Выбрать главу

К тому же я была женщиной, а потому и сама считалась нездоровой. Болезнь моя называлась infirmitas sexus, слабый пол.

Священники постановили: «Вирдимура не ходит в храм, не соблюдает обряд очищения. Она не держит траур по отцу, не скорбит, как положено, не носит черных одежд, не читает молитв по усопшему, не обращалась к плотнику, чтобы снять мерки для гроба. Она не проводила покойного на кладбище и не надрывала одежд, приветствуя ангела смерти».

Когда же я ответила на это, что мой отец не умер, а исчез, они еще больше обозлились и в знак презрения закрыли глаза и заткнули уши, дабы не видеть и не слышать меня, ведь я — которую не желали ни видеть, ни слышать — для них не существовала, почтенные доктора.

* * *

Священники редко покидали джудекку. Их жизнь протекала там. То был отдельный мирок внутри другого мира. В джудекке они были независимы, имели политическую власть, вершили суд, занимались административными и наследственными делами. В джудекке они могли собирать налоги. В джудекке они открывали школы, основывали кладбища, госпитали, мясные лавки и нотариальные учреждения. Они объединялись в совет, который избирал старост и назначал ответственных за сборы податей.

Но в 1310 году король Федериго ввел серьезные ограничения: иудею больше не дозволялось открывать лавку, если над ней не было вывешено красного круга. Было запрещено работать шохетом, совершать обрезание за пределами квартала. Кроме того, евреи не могли выходить из дома после определенного часа.

Лишь в редких случаях священникам дозволялось устраивать процессии за пределами квартала: они выходили почтительной, размеренной поступью, с намасленными блестящими тфилин, готовые обвинять, казнить и карать.

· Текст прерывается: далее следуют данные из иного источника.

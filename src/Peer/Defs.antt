-- ===== src/Peer/Defs.antt =====
-- The data and the functions of src/peer.c and src/peer.h.
use opennan.Prelude.{
  ℕ, zero, suc, ◌*◌, Bool, false, not, Option, none, some, List, [], ◌∷◌, ltb, ◌==◌, if◌then◌else◌,
}
use opennan.Prelude.Int.{ℤ, u32, sub64, to_schar}
use opennan.Utils.{EtherAddr, ether_addr_equal, ether_addr_to_ipv6_addr}
use opennan.LinkedList.{list_init, list_add, list_find, list_remove}
use opennan.MovingAverage
use opennan.MovingAverage.{MovingAverage}

-- `struct nan_peer`; the list of availability entries is a pointer that nothing reads.
pub record Peer : Type 0 where
  pub ref : ℕ
  pub cluster_id : EtherAddr
  pub addr : EtherAddr
  pub ipv6_addr : List ℕ
  pub last_update : ℕ
  pub last_timestamp : ℕ
  pub master_preference : ℕ
  pub last_master_preference : ℕ
  pub random_factor : ℕ
  pub anchor_master_rank : ℕ
  pub last_anchor_master_rank : ℕ
  pub ambtt : ℕ
  pub hop_count : ℕ
  pub master_candidate : Bool
  pub rssi_average : ℤ
  pub rssi_average_state : MovingAverage
  pub availability_all_slots : Bool
  pub availability_entries : ℕ

-- `struct nan_peer_state`; a callback is the address of a function, or NULL.
pub record PeerState : Type 0 where
  pub peers : List Peer
  pub timeout_usec : ℕ
  pub clean_interval_usec : ℕ
  pub peer_add_callback : Option ℕ
  pub peer_add_callback_data : ℕ
  pub peer_remove_callback : Option ℕ
  pub peer_remove_callback_data : ℕ

-- `enum peer_status`; PEER_INTERNAL is never returned.
pub data PeerStatus : Type 0 where
  peer_add peer_update peer_ok peer_missing : PeerStatus

-- A call of a callback: the function, the peer as it stood, and the additional data.
pub record Callback : Type 0 where
  pub function : ℕ
  pub peer : Peer
  pub argument : ℕ

unfoldable pub init : PeerState
unfolding list_init
init = record {
  peers = list_init;
  timeout_usec = 512 * 1024 * 10;
  clean_interval_usec = 512 * 1024 * 2;
  peer_add_callback = none;
  peer_add_callback_data = 0;
  peer_remove_callback = none;
  peer_remove_callback_data = 0;
}

unfoldable pub set_callbacks : PeerState → Option ℕ → ℕ → Option ℕ → ℕ → PeerState
set_callbacks s on_add add_data on_remove remove_data = record s {
  peer_add_callback = on_add;
  peer_add_callback_data = add_data;
  peer_remove_callback = on_remove;
  peer_remove_callback_data = remove_data;
}

-- `raw` is the block that `malloc` returned, with what was in it: `last_anchor_master_rank` and the
-- availability keep that.
unfoldable pub new : Peer → EtherAddr → EtherAddr → Peer
unfolding MovingAverage.init ether_addr_to_ipv6_addr
new raw addr cluster_id =
    let (average, ring) = MovingAverage.init 32 in
    record raw {
      addr = addr;
      cluster_id = cluster_id;
      ipv6_addr = ether_addr_to_ipv6_addr addr;
      last_update = 0;
      last_timestamp = 0;
      master_preference = 0;
      last_master_preference = 0;
      random_factor = 0;
      anchor_master_rank = 0;
      ambtt = 0;
      hop_count = 0;
      master_candidate = false;
      rssi_average = average;
      rssi_average_state = ring;
    }

-- `nan_peer_get`: the peer with that address, and the status.
unfoldable pub get : List Peer → EtherAddr → PeerStatus × Option Peer
unfolding list_find
get peers addr = elim (list_find (λ p. ether_addr_equal p.addr addr) peers) [
  | some p ↦ (peer_ok, some p)
  | none ↦ (peer_missing, none)
]

-- Comparison of two pointers to peers.
unfoldable pub same : Peer → Peer → Bool
same p q = q.ref == p.ref

-- The list after a write through the pointer `p.ref`, `p` being the peer after the write.
unfoldable pub write_back : Peer → List Peer → List Peer
write_back p [] = []
write_back p (q ∷ qs) = (if same p q then p else q) ∷ write_back p qs

unfoldable pub add :
    PeerState → Peer → EtherAddr → EtherAddr → ℕ → PeerStatus × List Callback × PeerState
unfolding new list_add write_back
add s raw addr cluster_id now = elim (get s.peers addr).1 [
  | none ↦
      let peer = new raw addr cluster_id in
      let calls = elim s.peer_add_callback as (λ c. List Callback) [
        | none ↦ []
        | some f ↦ record { function = f; peer = peer; argument = s.peer_add_callback_data } ∷ []
      ] in
      (peer_add, calls, record s { peers = list_add s.peers (record peer { last_update = now }) })
  | some peer ↦
      let seen = record peer { last_update = now } in
      let moved =
        if not (ether_addr_equal peer.cluster_id cluster_id)
        then record seen { cluster_id = cluster_id }
        else seen in
      (peer_update, [], record s { peers = write_back moved s.peers })
]

unfoldable pub set_master_indication : Peer → ℕ → ℕ → Peer
set_master_indication p master_preference random_factor = record p {
  last_master_preference = p.master_preference;
  master_preference = master_preference;
  random_factor = random_factor;
}

unfoldable pub set_anchor_master_information : Peer → ℕ → ℕ → ℕ → Peer
set_anchor_master_information p rank ambtt hop_count = record p {
  last_anchor_master_rank = p.anchor_master_rank;
  anchor_master_rank = rank;
  hop_count = hop_count;
  ambtt = if hop_count == 0 then u32 p.last_timestamp else ambtt;
}

unfoldable pub set_beacon_information : Peer → ℤ → ℕ → Peer
unfolding MovingAverage.add
set_beacon_information p rssi timestamp =
    let (average, ring) = MovingAverage.add to_schar (p.rssi_average, p.rssi_average_state) rssi in
    record p { rssi_average = average; rssi_average_state = ring; last_timestamp = timestamp }

-- `none`: the callback is NULL, and is called all the same.
unfoldable pub remove : PeerState → Peer → Option (Callback × PeerState)
unfolding list_remove same
remove s peer = elim s.peer_remove_callback [
  | none ↦ none
  | some f ↦ some (
    record { function = f; peer = peer; argument = s.peer_remove_callback_data },
    record s { peers = (list_remove (same peer) s.peers).1 },
  )
]

-- The condition of `nan_peers_clean`.
unfoldable pub is_stale : ℕ → ℕ → Peer → Bool
is_stale timeout now peer = ltb peer.last_update (sub64 now timeout)

pub data Cleaned : Type 0 where
  cleaned : List Callback → PeerState → Cleaned
  null_callback unfinished : Cleaned

-- What one more callback before it makes of the rest of the loop.
abbrev pub after_call : Callback → Cleaned → Cleaned
after_call c (cleaned calls s) = cleaned (c ∷ calls) s
after_call c null_callback = null_callback
after_call c unfinished = unfinished

-- The loop of `nan_peers_clean` on fuel.
unfoldable pub clean : ℕ → PeerState → ℕ → Cleaned
clean zero s now = unfinished
clean (suc fuel) s now = elim (list_find (is_stale s.timeout_usec now) s.peers) [
  | none ↦ cleaned [] s
  | some peer ↦ elim (remove s peer) [
    | none ↦ null_callback
    | some (call, s') ↦ after_call call (clean fuel s' now)
  ]
]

Так они поступили и в тот день.

В облачениях, подобных тем, что надевали во времена Исхода, процессия двинулась в путь от замка Урсино, аккуратно разрезав надвое тучный коричневатый город, двигаясь мелкими размеренными шагами под дамасским балдахином. Она старательно огибала все греховные места. Вроде арабского рынка, где разделывали мясо. Площадей, где стоял цирк и размещались бродячие артисты. Публичных домов. Она останавливалась лишь на еврейских дворах, где на несущих балках читалась надпись «Шма Исраэль», и у еврейских судов, где из окон свешивались свитки с изречениями закона. Огибали и те дома, где жили многоженцы, где кто-то сидел в тюрьме, где женщина почила, не родив детей, где имелись слабоумные, должники или умалишенные.

Когда же процессия добралась до моего госпиталя, священник смолк, дернул за колокольчик и, наконец, произнес: «Мы разыскиваем Вирдимуру — ту, что не вдова, не жена, не дочь, не жрица и не святая».

* * *

Мне предъявили обвинение в проституции.

Другого обвинения для незамужних женщин, которые не выходят из дома и пускают к себе мужчин, имеют незаконнорожденных детей и не соблюдают дней очищения, у них не было.

Священники постановили, что расположение и обустройство комнат в жилище не соответствовало положенным для госпиталя, как я его называла. Там не было проходов, а лишь обставленные комнаты, очевидно предназначенные для занятий блудом. А женщины не только принимали роды, но и делали растирания, занимались пением, готовили, лепили посуду и шили. Бросалась в глаза и лаборатория с большим количеством сосудов, где содержались какие-то порошки, масла и мази. Где доказательства, что все это обычные лекарства? Кто мог подтвердить, что это не магические зелья? Кроме того, с больных не требовали никакой платы, а стало быть, очень сомнительно, что здесь и правда занимались хирургией, к тому же не было следов пребывания здесь мужчины, который мог бы руководить больницей. Кто был хозяином госпиталя? Кому принадлежала земля, что шла от берега до самого огорода?

Меня взяли под стражу. Заковали в стальные кандалы, как скот, обрезали мои рыжие, огненные волосы, хрустнувшие под ножом и упавшие на землю, в грязную лужу.

А потом начался допрос.

— Имя?

— Вирдимура.

— Отец?

— Урия.

— Мать?

— Она умерла до обряда очищения.

— Вера?

— Еврейская.

— Есть ли у тебя муж?

— Нет.

— Вдова ли ты?

— Нет.

— Чем занимаешься?

— Врачеванием.

— Врачеванием? — загудели священники. — Есть ли у тебя на то разрешение?